At the turn of the 20th century, Pit Bulls were considered the number one family dog to have due to their loyalty and gentleness towards children. In recent years, highly publicized cases of Pit Bull fighting rings have led to many misconceptions about these breeds. Pit Bulls may be the most mysterious dogs in America- loved by their owners, feared by others and sensationalized by the media
10. The Pit Bull is a Specific Breed
The Pit Bull is commonly referred to as a specific breed of dog. In fact, Pit Bulls make up a group of several different breeds of dog. Most notably the American Staffordshire Terrier, Staffordshire Bull Terrier and American Pit Bull Terrier. All of these breeds share similarities in build, coloring and temperament. In some areas, Breed Selective Legislation has led to non related large breeds being considered a Pit Bull, such as the Cane Corso or Alano Espanol.
9. Pit Bulls Are Aggressive to Humans
Many people believe that Pit Bulls are likely to show human aggression or to “turn” on their owners suddenly and without warning. In fact, Pit Bulls were originally bred to show no aggression towards any humans, especially their owners. Properly trained Pit Bulls are no more likely to be human aggressive than any other breed of dog.
8. Pit Bulls Have Locking Jaws
Pit Bulls are said to have jaws that lock on to whatever they bite down on, making it impossible to remove the dog from the object. Some people also believe a Pit Bull can actually dislocate its jaw to grasp on to an object larger than the dog’s mouth. A study done by the University of Georgia disproves this myth. In fact, the scientists found no unique feature on a Pit Bull that would allow them to lock their jaws.

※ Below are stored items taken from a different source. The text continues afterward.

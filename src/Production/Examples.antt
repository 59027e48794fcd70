-- ===== src/Production/Examples.antt =====
-- A session with two independent observations, on which the theorem about reviews is applied.
use aprendiendo.Base.{
  ℕ, ◌≤◌, String, true, false, none, some, [], ◌∷◌, ◌≡◌, refl, any, keep, length, is_blank,
  is_whitespace, ◌&&◌,
}
use aprendiendo.Model.Formats.{DrillType, ExerciseTypeKey}
use aprendiendo.Model.Evidence.{
  ObservationOutcome, ObservationRole, EvidenceStrength, AssessmentPhase, HintLevel, LearnerEffort,
  FsrsRating, RetrievalMode, RatingSource, fsrs_rating_eq, fsrs_rating_index, hint_level_eq,
  hint_level_index,
}
use aprendiendo.Model.Requests.{ObservationInput, AttemptInput, PracticeItemInput, ReviewInput}
use aprendiendo.Model.Session.{RecordPracticeSessionRequest}
use aprendiendo.Model.Production.{
  AttemptKind, PromptCueing, Exposure, CommunicativeOutcome, TargetRealization, TargetAccuracy,
  ProvenanceKind, AssessmentProvenance, AttemptEvidence, ObservationEvidence, ProductionEvidence,
}
use aprendiendo.Practice.Media.{to_ascii_lowercase}
use aprendiendo.Production.Prompts.{prompt_findings}
use aprendiendo.Production.Classes.{
  attempt_class, class_of, was_exposed, is_cued, is_controlled_drill, is_unknown,
}
use aprendiendo.Production.Reviews.{
  review_decision, final_reasons, tally_one, count_observation, exclude_observation, exclusion,
  observations, is_failure,
}
use aprendiendo.Production.Eligible.{
  is_independent, numbers_of, supports, is_hidden_failure, about, review_decision-eligible,
}

abbrev observation : ℕ → ObservationInput
observation n = record {
  observation_no = n;
  weakness_key = "por-para";
  outcome = ObservationOutcome.correct;
  role = ObservationRole.targeted;
  assessment_phase = some AssessmentPhase.transfer;
  hint_level = some HintLevel.none;
  learner_effort = some LearnerEffort.effortless;
  evidence_source = none;
  evidence_strength = some EvidenceStrength.spontaneous_production;
  severity = none;
  produced = none;
  correction = none;
  error_span = none;
  notes = none;
}

abbrev attempt : ℕ → AttemptInput
attempt n = record {
  attempt_no = n;
  practice_item_no = some n;
  transcript = "Salí para Madrid";
  target_duration_seconds = none;
  actual_duration_milliseconds = none;
  response_mode = none;
  response_latency_milliseconds = none;
  timing_source = none;
  observations = observation n ∷ [];
  reflections = [];
}

abbrev item : ℕ → PracticeItemInput
item n = record {
  item_no = n;
  drill_type = DrillType.situational_response;
  prompt = "Cuenta tu viaje";
  response = none;
  corrected_response = none;
  reference_answer = none;
  feedback = none;
  outcome = none;
  activity_run_no = none;
  item_phase = none;
  target_weakness_keys = "por-para" ∷ [];
  observations = [];
}

abbrev provenance : AssessmentProvenance
provenance = record { kind = ProvenanceKind.tutor_judgment; evidence = "transcript" }

abbrev attempt_evidence : ℕ → String → AttemptEvidence
attempt_evidence n scenario = record {
  attempt_no = n;
  attempt_kind = AttemptKind.initial;
  original_attempt_no = none;
  prompt_cueing = PromptCueing.none_detected;
  prior_target_exposure = Exposure.none_known;
  exposure_source = none;
  communicative_outcome = CommunicativeOutcome.successful;
  assessment_provenance = provenance;
  scenario_tag = scenario;
  topic_tag = "travel";
  initial_sentence_count = none;
}

abbrev observation_evidence : ℕ → ObservationEvidence
observation_evidence n = record {
  observation_no = n;
  attempt_no = n;
  target_realization = TargetRealization.used;
  target_accuracy = TargetAccuracy.correct;
  assessment_provenance = provenance;
}

abbrev evidence : ProductionEvidence
evidence = record {
  policy_version = 1;
  session_overrides = none;
  target_opportunities = [];
  attempts = attempt_evidence 1 "station" ∷ attempt_evidence 2 "market" ∷ [];
  observations = observation_evidence 1 ∷ observation_evidence 2 ∷ [];
  interventions = [];
  variation_assessments =
      record { weakness_key = "por-para"; observation_nos = 1 ∷ 2 ∷ []; rationale = "two scenes" }
      ∷ [];
}

abbrev session : RecordPracticeSessionRequest
session = record {
  production_evidence = some evidence;
  idempotency_key = "s-1";
  session_date = none;
  reviewed_at = none;
  task_ref = none;
  exercise_type_key = ExerciseTypeKey.production_drill;
  topic = none;
  notes = none;
  new_weaknesses = [];
  items = item 1 ∷ item 2 ∷ [];
  attempts = attempt 1 ∷ attempt 2 ∷ [];
  observations = [];
  findings = [];
  reviews = [];
  activity_runs = [];
  task_requirements = [];
  requested_point_assessments = [];
}

abbrev review : ReviewInput
review = record {
  weakness_key = "por-para";
  rating = FsrsRating.good;
  retrieval_mode = RetrievalMode.spontaneous_production;
  evidence_strength = EvidenceStrength.spontaneous_production;
  evidence_observation_nos = 1 ∷ 2 ∷ [];
  rating_rationale = some "used twice without help";
  rating_source = RatingSource.assistant_suggested;
  evidence = "transcript";
}

eligible : (review_decision to_ascii_lowercase session review 1).eligible ≡ true
unfolding review_decision final_reasons tally_one count_observation exclude_observation exclusion
    observations attempt_class class_of was_exposed is_cued is_controlled_drill is_unknown
    prompt_findings is_blank is_whitespace fsrs_rating_eq fsrs_rating_index hint_level_eq
    hint_level_index
eligible = refl

review_decision-eligible_example :
    ((review_decision to_ascii_lowercase session review 1).supporting_observation_nos
      ≡ numbers_of (
          keep
            (supports to_ascii_lowercase session evidence review)
            (about to_ascii_lowercase session evidence review)))
    × (2
        ≤ length (
            numbers_of (
              keep
                (supports to_ascii_lowercase session evidence review)
                (about to_ascii_lowercase session evidence review))))
    × (any
          (is_hidden_failure to_ascii_lowercase session evidence review)
          (about to_ascii_lowercase session evidence review)
        ≡ false)
    × (fsrs_rating_eq review.rating FsrsRating.again
        ≡ any
            (λ (o : ObservationEvidence).
              is_independent to_ascii_lowercase session evidence o && is_failure o.target_accuracy)
            (about to_ascii_lowercase session evidence review))
review_decision-eligible_example =
    review_decision-eligible to_ascii_lowercase session evidence review 1 refl eligible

7. The Pit Bull’s Brain Never Stops Growing
This misconception likely started from the unusually large head seen on many American Staffordshire Terriers. Many people believe that a Pit Bull’s brain starts growing from birth and never stops. As a result the dog will go insane at a certain age or have a truly huge head. In fact, the brick shaped heads found on most Pit Bulls do stop growing when the dog reaches maturity.

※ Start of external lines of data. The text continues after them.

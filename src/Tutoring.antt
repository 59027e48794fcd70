-- ===== src/Tutoring.antt =====
-- src/tutoring.rs: a compact session is expanded into the canonical request.
pub mod Requests
pub mod Checks
pub mod Scan
pub mod Emit
pub mod Expand
pub mod Numbers
pub mod Slots
pub mod Counting
pub mod Order
pub mod Whole
pub mod Complete
pub mod References
mod Examples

6. Pit Bulls Are Commonly Bred for Fighting
Largely publicized cases like Michael Vick’s pit bull fighting ring have led to the belief that the majority of people breed pit bulls to fight them in a ring. Originally, pit bulls were bred for physical tasks such as hunting and occasionally fighting. However, the majority of modern breeders choose to breed pit bulls to be a family’s companion, not a fighter.
5. Pit Bulls Are Not as Intelligent as Other Breeds
Some people believe a Pit Bull lacks the intelligence of other large breeds such as Labradors. Pit bulls are actually quite easy to train. The Pit’s willingness to learn and desire to please their owners makes it easy for them to pick up even the most advanced tricks quickly. Pit Bulls are also great climbers- many can climb trees- and love puzzle toys and hide and go seek type games.
4. Pit Bulls Have a Stronger Bite PSI Than Other Breeds
Many people believe that a Pit Bull has fiercely strong pounds per square inch of bite pressure, up to 10,000 PSI, meaning that Pit Bull could bite harder than any other breed. National Geographic completed a control study of animal bites using several different species. Crocodiles made the top of the list, with a 2,500 PSI, while dogs made the bottom of the list, with an average 320 PSI. The study used three large breeds of dogs, a German Sheppard, a Rottweiler and a Pit Bull. The Pit Bull was found to have the least bite pressure of the three, according to the American Humane Association.
3. Pit Bulls Attack Without Warning
Pit Bulls, like any other type of dog, typically attack vary rarely and always with provocation. All dogs give off warning signs, such as stiffening their bodies, before attacking any other creature. With proper training, good socialization and owner responsibility, a pit bull is just as unlikely to attack another dog or a person as any other breed of dog.
2. Pit Bulls Do Not Feel Pain
Many breeders will tell you that a Pit Bull has a high pain tolerance, or simply does not feel pain. In fact, all breeds of dogs share the same nervous system. This system allows them to feel pain similar to what any human would feel. The misconception that a pit bull does not feel pain comes from the breed’s tendency to under react in physically stressful situations. Pit bulls were originally bred for a high level of “gameness,” meaning they will continue to try completing a task despite physical discomfort. While many people feel a pit bull not stopping to whine or cry out during stressful training or hunting sessions is a sign of a lack of pain, it is actually a sign of the breed’s desire to complete a task and please their owners.
1. Pit Bulls Bite More Than Any Other Breed
Media hype is largely responsible for this misconception. News reports of a single Pit Bull bite often make the numbers of Pit Bull attacks on humans largely inflated. In fact, the United States currently has no system in place that tracts the number of dog bites or attacks by any breed. According to the American Humane Association, the Center for Disease Control did a study on dog attacks in the United States for the years 1979 through 1998. The study proved inconclusive, mostly due to the difficulty of assigning a breed of dog for every attack and the large number of attacks in the home that go unreported.